Take advantage of episodic visits to identify health risks, offer related interventions and encourage positive health behaviours prior to conception.
Encourage all women and men of reproductive age to develop a reproductive-life plan, whether they intend to have children or not.
Recommend a daily multivitamin containing 400 mcg (0.4 mg) of folic acid for all women of reproductive age who could become pregnant, and discuss risk factors that may warrant a higher dose.
Ensure that immunizations are complete and up-to-date, using immunization history or serological testing for routinely recommended adult vaccines and those for which pregnancy requires specific screening.
Review all medications for their potential teratogenicity and counsel women about the potential impact on a pregnancy, regardless of their plans to conceive.
Discuss the effects of alcohol in pregnancy and encourage abstinence leading up to and during pregnancy.

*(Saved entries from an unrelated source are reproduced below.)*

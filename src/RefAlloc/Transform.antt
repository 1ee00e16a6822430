-- ===== src/RefAlloc/Transform.antt =====
-- `transform_tree`: what is left of a tree.
use agent_desktop.Prelude.{Bool, false, if◌then◌else◌, none, refl, true, ◌&&◌, ◌≡◌}
use agent_desktop.Tree.{AccessibilityNode, Nodes, children, cons, nil, node, promote_first}
use agent_desktop.RefAlloc.{
  RefAllocOptions, is_bare_leaf, is_collapsible, transform_children, transform_tree,
}

-- No node of the tree has bounds.
abbrev mutual
  pub NoBounds : AccessibilityNode → Type 0
  NoBounds (node d cs) = (d.presentation.bounds ≡ none) × NoBoundsIn cs

  pub NoBoundsIn : Nodes → Type 0
  NoBoundsIn nil = Unit {0}
  NoBoundsIn (cons c cs) = NoBounds c × NoBoundsIn cs

promote_first-NoBoundsIn :
    (cs rest : Nodes) → NoBoundsIn cs → NoBoundsIn rest → NoBoundsIn (promote_first cs rest)
promote_first-NoBoundsIn nil rest h k = k
promote_first-NoBoundsIn (cons c cs) rest h k = (h.0, k)

children-NoBoundsIn : (n : AccessibilityNode) → NoBounds n → NoBoundsIn (children n)
children-NoBoundsIn (node d cs) h = h.1

either_NoBoundsIn :
    (b : Bool) (xs ys : Nodes) → NoBoundsIn xs → NoBoundsIn ys → NoBoundsIn (if b then xs else ys)
either_NoBoundsIn true xs ys h k = h
either_NoBoundsIn false xs ys h k = k

mutual
  unfolding transform_tree

  transform_tree-NoBounds :
      (o : RefAllocOptions) (n : AccessibilityNode)
      → o.include_bounds ≡ false
      → NoBounds (transform_tree o n)
  transform_tree-NoBounds o (node d cs) b = (rw b refl, transform_children-NoBoundsIn o cs b)

  transform_children-NoBoundsIn :
      (o : RefAllocOptions) (cs : Nodes)
      → o.include_bounds ≡ false
      → NoBoundsIn (transform_children o cs)
  transform_children-NoBoundsIn o nil b = tt
  transform_children-NoBoundsIn o (cons c cs) b =
      let here = transform_tree-NoBounds o c b in
      let rest = transform_children-NoBoundsIn o cs b in
      either_NoBoundsIn (o.compact && is_collapsible c) _ _
        (promote_first-NoBoundsIn _ _ (children-NoBoundsIn _ here) rest)
        (either_NoBoundsIn (o.interactive_only && is_bare_leaf (transform_tree o c)) _ _ rest
          (here, rest))

-- Where bounds are not to be included, no node of the tree that `transform_tree` leaves has any, also
-- where wrappers were collapsed.
pub transform_tree_without_bounds :
    (o : RefAllocOptions) (n : AccessibilityNode)
    → o.include_bounds ≡ false
    → NoBounds (transform_tree o n)
transform_tree_without_bounds o n b = transform_tree-NoBounds o n b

Promote smoking cessation. Prepregnancy is the ideal time to stop smoking in order to prevent adverse perinatal outcomes associated with maternal smoking.

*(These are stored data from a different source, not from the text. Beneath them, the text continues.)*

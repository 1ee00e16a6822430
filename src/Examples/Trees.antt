-- ===== src/Examples/Trees.antt =====
-- The walk of `allocate_refs` over a window that holds a wrapped button, a label and a link.
use agent_desktop.Role.{is_transparent_wrapper, from_token}
use agent_desktop.Text.{text_in, codes, Text}
use agent_desktop.RefEntry.{SnapshotSurface, validate_ref_entry}
use agent_desktop.RefAlloc.Steps.{Walked}
use agent_desktop.RefAlloc.Order.{allocate_refs_lem}
use agent_desktop.RefAlloc.Transform.{NoBounds, transform_tree_without_bounds}
use agent_desktop.Prelude.{
  map, refl, ◌∷◌, [], List, Option, Result, err, false, none, ok, some, true, ℕ, ◌+◌, ◌≡◌,
}
use agent_desktop.Error.{AppError}
use agent_desktop.RefMap.{RefMap, allocate_validated, empty, ref_key, try_allocate_observed}
use agent_desktop.Tree.{AccessibilityNode, NodeData, cons, nil, node, ref_nodes}
use agent_desktop.RefAlloc.{
  RefAllocConfig, advertises_primary_action, allocate_observed_ref, allocate_own, allocate_refs,
  allocate_refs_at_path, allocate_with, is_collapsible, is_ref_able, keep_child, path_in,
  plan_skeleton_anchors, primary_entry, ref_entry_from_node, settle, transform_tree,
}
use agent_desktop.Geometry.{Rect}

abbrev corner_hash : Rect → ℕ
corner_hash r = r.x + r.y

abbrev plain_node : Text → Option Text → List Text → NodeData
plain_node role name actions = record {
  ref_id = none;
  role = role;
  identity = record {
    retained_object = none;
    name = name;
    value = none;
    description = none;
    native_id = none;
  };
  presentation = record { hint = none; states = []; available_actions = actions; bounds = none };
  children_count = none;
  subtree_truncated = false;
}

abbrev leaf : Text → Text → List Text → AccessibilityNode
leaf role name actions = node (plain_node role (some name) actions) nil

abbrev window_tree : AccessibilityNode
window_tree = node (plain_node (codes "window") (some (codes "Editor")) []) (
    cons
      (node (plain_node (codes "group") none [])
        (cons (leaf (codes "button") (codes "Save") (codes "Click" ∷ [])) nil))
      (cons (leaf (codes "statictext") (codes "Ready") [])
        (cons (leaf (codes "link") (codes "Help") (codes "Click" ∷ [])) nil)))

abbrev window_config : RefAllocConfig
window_config = record {
  options = record { include_bounds = false; interactive_only = true; compact = true };
  source = record {
    pid = 7;
    app = some (codes "Editor");
    process_instance = some (codes "boot-1");
    window_id = none;
    window_title = none;
    window_bounds_hash = none;
    surface = SnapshotSurface.window;
  };
  scope = record { root_ref_id = none; path_prefix = [] };
}

abbrev walk : Result AppError (AccessibilityNode × RefMap)
walk = allocate_refs corner_hash window_config window_tree empty

abbrev walk_of : Result AppError (AccessibilityNode × RefMap) → AccessibilityNode × RefMap
walk_of (ok r) = r
walk_of (err e) = (window_tree, empty)

walk_succeeds : walk ≡ ok (walk_of walk)
unfolding allocate_refs allocate_refs_at_path allocate_own is_ref_able text_in
    advertises_primary_action path_in plan_skeleton_anchors settle allocate_with
    allocate_observed_ref try_allocate_observed primary_entry ref_entry_from_node validate_ref_entry
    allocate_validated
walk_succeeds = refl

-- The button and the link get a ref, in this order.
walk_refs : map (λ p. p.0) (ref_nodes (walk_of walk).0) ≡ codes "@e1" ∷ codes "@e2" ∷ []
unfolding allocate_refs allocate_refs_at_path allocate_own is_ref_able text_in
    advertises_primary_action path_in plan_skeleton_anchors settle allocate_with
    allocate_observed_ref try_allocate_observed primary_entry ref_entry_from_node validate_ref_entry
    allocate_validated ref_nodes is_collapsible keep_child is_transparent_wrapper from_token ref_key
walk_refs = refl

allocate_refs_lem_example : Walked corner_hash empty (walk_of walk).1 (ref_nodes (walk_of walk).0)
allocate_refs_lem_example =
    allocate_refs_lem corner_hash window_config window_tree empty (walk_of walk)
      (refl, ((refl, ((refl, tt), tt)), ((refl, tt), ((refl, tt), tt)))) tt (λ u. refl)
      walk_succeeds

transform_tree_without_bounds_example : NoBounds (transform_tree window_config.options window_tree)
transform_tree_without_bounds_example =
    transform_tree_without_bounds window_config.options window_tree refl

Encourage progress towards healthier weights in women who are underweight, overweight or obese. Adverse perinatal and maternal outcomes can be reduced with appropriate preconception weight gain or loss.
Screen for elevated sexually transmitted infection (STI) risk factors. Identifying an infection before conception allows for timely treatment and prevention of transmission during pregnancy and birth.
Optimize chronic medical conditions prior to conception to improve perinatal and maternal outcomes.
Encourage 18 to 24 month intervals between completed pregnancies. Both shorter and longer IPIs have been associated with an increased risk of adverse maternal and newborn outcomes.